= Josefa Ordóñez =

Mexican actress and courtesan

Josefa Ordóñez (1728 - after 1792), was an actress and courtesan in 18th century Mexico City.

==Stage career==
Josefa Ordóñez was born in Granada, the daughter of the actor José Ordóñez, who had some fame as an actor in Cadiz in Spain. She arrived in Mexico City in 1743, in an acting troupe composed of her parents, sister and eight musicians, one of whom was her spouse, the Italian violinist Gregorio Panseco.

In Mexico City, she was engaged as a primera dama (female lead) at the Nuevo Coliseo theater. She was described as an accomplished actress. In 1748, she advanced to be autor de comedias (production manager) of the theater, an unusual accomplishment for an artist of her gender.

She also managed an illegal gambling casino in her home. Her casino was very popular among the male members of the Mexican elite and attracted clients such as the Marquis del Valle de la Colina.

Reportedly, patrons lost thousands of pesos in her casino. She also illegally sold alcoholic beverages. She was on several occasions cautioned by the authorities for her illegal gambling and alcohol businesses, but each time, she only discontinued her business temporarily.

==Courtesan==
Josefa Ordóñez became famous as a courtesan. Not long after her arrival to Mexico, she had a relationship with Don Esteban, a relative of viceroy Fuenclara. This may not a have been prostitution, however, but rather a love affair, as the viceroy considered it serious enough to demand that she end the relationship. When she did not, her spouse reported her to the viceroy, who had her secluded at the Recogimiento de la Misericordia, a home for women who did not wish to live with their husbands. She was not there long, however.

After leaving Recogimiento de la Misericordia, she resumed as the autor de comedias of the Coliseo. She was supported financially in her candidacy of by her then lover, Jacinte Aguirro Martinéz.

During the 1760s, the 'Poem of the Life of Ordonez' reportedly circulated in Mexico City, making her life as a courtesan famous.

In the early 1760s, she petitioned for a divorce. At that time, she was the mistress of Fernando Monserrat, brother of the viceroy Marquis de Cruillas, and the aristocrat José Gorráez. She eloped with Monserrat and Gorráez to Puebla, where she was arrested and placed in the Colegio de San Joseph de Gracia, a recogimiento or home for separated women. She was refused a divorce and forced to return to her spouse.

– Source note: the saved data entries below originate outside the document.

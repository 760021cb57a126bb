-- ===== src/Repeater/TimeOut.antt =====
-- The time-out timer of modules/mod_repeater.c.
use mathlib.Core.Path.{subst}
use kerchunk.Prelude.{
  ℕ, inl, inr, ◌<◌, ◌≡◌, ◌≢◌, refl, sym, ◌∙◌, true, false, ℤ, pos_part, some, pos, List, arith,
}
use kerchunk.Timer.{Timers, new_entry}
use kerchunk.Timer.Laws.{IsValid, AllActive, find_active, create_lem}
use kerchunk.Core.Ptt.{Ptt}
use kerchunk.Repeater.{
  Expiry, RptState, idle, tot_expires, receiving, tail_wait, hang_wait, rx_timeout, bridging,
  same_state, Rpt, is_live, no_timer, emit, change_state, hold_ptt, drop_ptt, stop_timer,
  start_tail, start_hang, start_tot, start_debounce,
}
use kerchunk.Repeater.Handlers.{
  tail_expired_in, tail_expired, start_receiving, debounce_expired, tot_expired, on_cor_assert_in,
  on_cor_assert, on_cor_drop_in, on_cor_drop, on_link_rx_assert, on_link_rx_drop,
  on_caller_identified, on_caller_cleared, RptInput, cor_assert, cor_drop, link_rx_assert,
  link_rx_drop, caller_known, caller_gone, tail_due, hang_due, tot_due, debounce_due, emergency_set,
  if_live, step, run,
}
use kerchunk.Repeater.Runs.{AllPass, run_keeps, but_cor_drop, but_emergency_end}

-- Receiving with no time-out timer.
record Unlimited (p : Ptt) (w : Rpt) : Type 0 where
  in_rx : w.state ≡ receiving
  no_tot : is_live w.tot_timer ≡ false
  same_ptt : w.ptt ≡ p

step-Unlimited :
    (p : Ptt) (i : RptInput) (w : Rpt)
    → but_cor_drop i ≡ true
    → Unlimited p w
    → Unlimited p (step i w)
unfolding step if_live stop_timer on_cor_assert on_cor_assert_in on_link_rx_assert on_link_rx_drop
    on_caller_identified on_caller_cleared same_state tail_expired tail_expired_in debounce_expired
step-Unlimited p cor_assert w o h = ground arith
step-Unlimited p cor_drop w o h = ground arith
step-Unlimited p link_rx_assert w o h = ground arith
step-Unlimited p link_rx_drop w o h = ground arith
step-Unlimited p caller_known w o h = ground arith
step-Unlimited p caller_gone w o h = ground arith
step-Unlimited p tail_due w o h = ground arith
step-Unlimited p hang_due w o h = ground arith
step-Unlimited p tot_due w o h = ground arith
step-Unlimited p debounce_due w o h = ground arith
step-Unlimited p (emergency_set on) w o h = ground arith

on_cor_assert-Unlimited :
    (w : Rpt)
    → w.state ≡ tail_wait
    → is_live w.tot_timer ≡ false
    → Unlimited w.ptt (on_cor_assert w)
unfolding on_cor_assert on_cor_assert_in change_state same_state stop_timer
on_cor_assert-Unlimited w e n = ground arith

-- A user who keys up again during the tail, where the time-out timer was stopped, has no time-out:
-- until COR drops, whatever other input comes, the machine stays in RECEIVING with no time-out timer
-- and PTT as it was.
pub rekey_unlimited :
    (w : Rpt) (is : List RptInput)
    → w.state ≡ tail_wait
    → is_live w.tot_timer ≡ false
    → AllPass but_cor_drop is
    → let w' = run is (on_cor_assert w) in
      (w'.state ≡ receiving) × (is_live w'.tot_timer ≡ false) × (w'.ptt ≡ w.ptt)
rekey_unlimited w is e n a =
    let u =
      run_keeps but_cor_drop (Unlimited w.ptt) (step-Unlimited w.ptt) is (on_cor_assert w) a
        (on_cor_assert-Unlimited w e n) in
    (u.in_rx, u.no_tot, u.same_ptt)

-- In an emergency, and not timed out.
record Untimed (w : Rpt) : Type 0 where
  in_emergency : w.emergency ≡ true
  not_out : w.state ≢ rx_timeout

on_cor_assert_in-Untimed :
    (st : RptState) (w : Rpt) → w.state ≡ st → Untimed w → Untimed (on_cor_assert_in st w)
unfolding on_cor_assert_in start_receiving hold_ptt start_tot start_debounce stop_timer change_state
    same_state
on_cor_assert_in-Untimed idle w e h = ground arith
on_cor_assert_in-Untimed receiving w e h = ground arith
on_cor_assert_in-Untimed tail_wait w e h = ground arith
on_cor_assert_in-Untimed hang_wait w e h = ground arith
on_cor_assert_in-Untimed rx_timeout w e h = ground arith
on_cor_assert_in-Untimed bridging w e h = ground arith

on_cor_drop_in-Untimed :
    (st : RptState) (w : Rpt) → w.state ≡ st → Untimed w → Untimed (on_cor_drop_in st w)
unfolding on_cor_drop_in drop_ptt start_tail stop_timer emit change_state same_state
on_cor_drop_in-Untimed idle w e h = ground arith
on_cor_drop_in-Untimed receiving w e h = ground arith
on_cor_drop_in-Untimed tail_wait w e h = ground arith
on_cor_drop_in-Untimed hang_wait w e h = ground arith
on_cor_drop_in-Untimed rx_timeout w e h = ground arith
on_cor_drop_in-Untimed bridging w e h = ground arith

tail_expired_in-Untimed :
    (st : RptState) (w : Rpt) → w.state ≡ st → Untimed w → Untimed (tail_expired_in st w)
unfolding tail_expired_in drop_ptt start_hang emit change_state same_state
tail_expired_in-Untimed idle w e h = ground arith
tail_expired_in-Untimed receiving w e h = ground arith
tail_expired_in-Untimed tail_wait w e h = ground arith
tail_expired_in-Untimed hang_wait w e h = ground arith
tail_expired_in-Untimed rx_timeout w e h = ground arith
tail_expired_in-Untimed bridging w e h = ground arith

tail_expired-Untimed : (id : ℤ) (w : Rpt) → Untimed w → Untimed (tail_expired (stop_timer id w))
unfolding tail_expired stop_timer
tail_expired-Untimed id w h =
    let w1 : Rpt = record (stop_timer id w) { tail_timer = no_timer } in
    ground (arith, tail_expired_in-Untimed w.state w1)

debounce_expired-Untimed : (w : Rpt) → Untimed w → Untimed (debounce_expired w)
unfolding debounce_expired start_receiving hold_ptt start_tot emit change_state same_state
debounce_expired-Untimed w h = ground arith

step-Untimed :
    (i : RptInput) (w : Rpt) → but_emergency_end i ≡ true → Untimed w → Untimed (step i w)
unfolding step if_live stop_timer on_cor_assert on_cor_drop on_link_rx_assert on_link_rx_drop
    on_caller_identified on_caller_cleared tot_expired change_state same_state
step-Untimed cor_assert w o h = on_cor_assert_in-Untimed w.state w refl h
step-Untimed cor_drop w o h = ground (arith, on_cor_drop_in-Untimed w.state w refl h)
step-Untimed link_rx_assert w o h = ground arith
step-Untimed link_rx_drop w o h = ground arith
step-Untimed caller_known w o h = ground arith
step-Untimed caller_gone w o h = ground arith
step-Untimed tail_due w o h = ground (arith, tail_expired-Untimed w.tail_timer w h)
step-Untimed hang_due w o h = ground (arith, tail_expired-Untimed w.hang_timer w h)
step-Untimed tot_due w o h = ground arith
step-Untimed debounce_due w o h =
    ground (arith, debounce_expired-Untimed (stop_timer w.debounce_timer w))
step-Untimed (emergency_set on) w o h = ground arith

-- While an emergency lasts, no input and no timer puts the machine into the time-out state.
pub emergency_never_times_out :
    (w : Rpt) (is : List RptInput)
    → w.emergency ≡ true
    → w.state ≢ rx_timeout
    → AllPass but_emergency_end is
    → (run is w).state ≢ rx_timeout
emergency_never_times_out w is e n a =
    (run_keeps but_emergency_end Untimed step-Untimed is w a
      (record { in_emergency = e; not_out = n })).not_out

start_tot-find_active :
    (w : Rpt) (t : Timers Expiry) (ms now : ℕ)
    → w.timers ≡ t
    → w.now ≡ now
    → w.settings.tot_time_ms ≡ pos ms
    → 0 < ms
    → IsValid t
    → ¬ AllActive t.slots
    → let w' = start_tot w in
      find_active (pos_part w'.tot_timer) w'.timers.slots
      ≡ some (new_entry t.next_id ms false tot_expires now)
unfolding start_tot
start_tot-find_active w t ms now et en e p v f = elim (create_lem ms false tot_expires now t p v) [
  | inl (bad, same, all) ↦ absurd (f all)
  | inr (fresh, ok, found) ↦ rw (et, en, e, fresh, found t.next_id) ground arith
]

session_frame :
    (w : Rpt)
    → let w1 = change_state receiving (hold_ptt w) in
      (w1.timers ≡ w.timers)
      × (w1.now ≡ w.now)
      × (w1.settings.tot_time_ms ≡ w.settings.tot_time_ms)
      × (w1.emergency ≡ w.emergency)
unfolding change_state hold_ptt
session_frame w = ground arith

start_receiving-start_tot :
    (w : Rpt)
    → let w1 = change_state receiving (hold_ptt w) in
      w1.emergency ≡ false → start_receiving w ≡ start_tot w1
unfolding start_receiving
start_receiving-start_tot w n = rw n refl

-- A session that starts outside an emergency has its time-out: where a slot of the timer table is
-- free, the timer that the module keeps runs, and calls `tot_expired` after the configured time.
pub start_receiving-find_active :
    (w : Rpt) (ms : ℕ)
    → w.settings.tot_time_ms ≡ pos ms
    → 0 < ms
    → w.emergency ≡ false
    → IsValid w.timers
    → ¬ AllActive w.timers.slots
    → let w' = start_receiving w in
      find_active (pos_part w'.tot_timer) w'.timers.slots
      ≡ some (new_entry w.timers.next_id ms false tot_expires w.now)
start_receiving-find_active w ms e p n v f =
    let w1 = change_state receiving (hold_ptt w) in
    let (t, k, s, m) = session_frame w in
    let a = start_tot-find_active w1 w.timers ms w.now t k (s ∙ e) p v f in
    subst
      (λ v.
        find_active (pos_part v.tot_timer) v.timers.slots
        ≡ some (new_entry w.timers.next_id ms false tot_expires w.now))
      (sym (start_receiving-start_tot w (m ∙ n))) a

In the mid 1760s, she was the mistress of Francisco Cassaviella, secretary of the commander of the royal army. At the bullfighting in the honor of the king, which was held for a period of several days, she famously arrived in the company of Cassaviella. Arriving in a carriage escorted by pages and slaves, presenting herself in expensive dresses and jewelry, she made a scandal by competing with the viceroy for attention from the bullfighter, and was accused of showering the matador with coins to flirt with the governor.

This incident, which was considered a scandal, led to the Inquisition issuing an investigation. 21 witnesses were interrogated. She was denounced as a suspected prostitute, as the salary of her spouse could not finance her luxurious lifestyle; it was noted that she had been given dresses and jewelry from especially Gorráez; that rich men loaned her their carriages and slaves; and that she did not act in accordance with her social class, living a life according to the standard of a noblewoman.

She was not judged as a prostitute, as those allegations could not be proven, but she was denounced as a dangerous corrupting influence on public moral welfare, especially because her lifestyle was regarded as a bad example for the native population of New Spain in particular. The Real Sala del Crimen found her guilty of managing illegal gambling houses, and sentenced her to a short term of imprisonment at a recogimiento followed by exile. Assisted by Gorráez and Cassaviella, she attempted to escape and hide until her contacts could mitigate the sentence, but was reported by her spouse, who accused her of trying to deprive him of finances and abscond with their son.

==Later life==
In 1770, she was back in Mexico City and petitioned for a divorce. She was refused a divorce by the court, who had her arrested and reissued their sentence of banishment. However, the sentence was not carried out, she was eventually released and allowed to remain in Mexico.

In 1782, Ordonez filed for a divorce. At this point, she lived on an allowance from her spouse, and their relationship was friendly, though the lived separately. The court refused a divorced and forced them to share a household.

In 1792, Ordonez sued her spouse for having used her statues of saints for sexual use. He defended himself by claiming that she refused him intercourse and fired her female servants every time he attempted to have sex with them. The outcome of this case is not known, and this is the last time either of them is mentioned in any documents.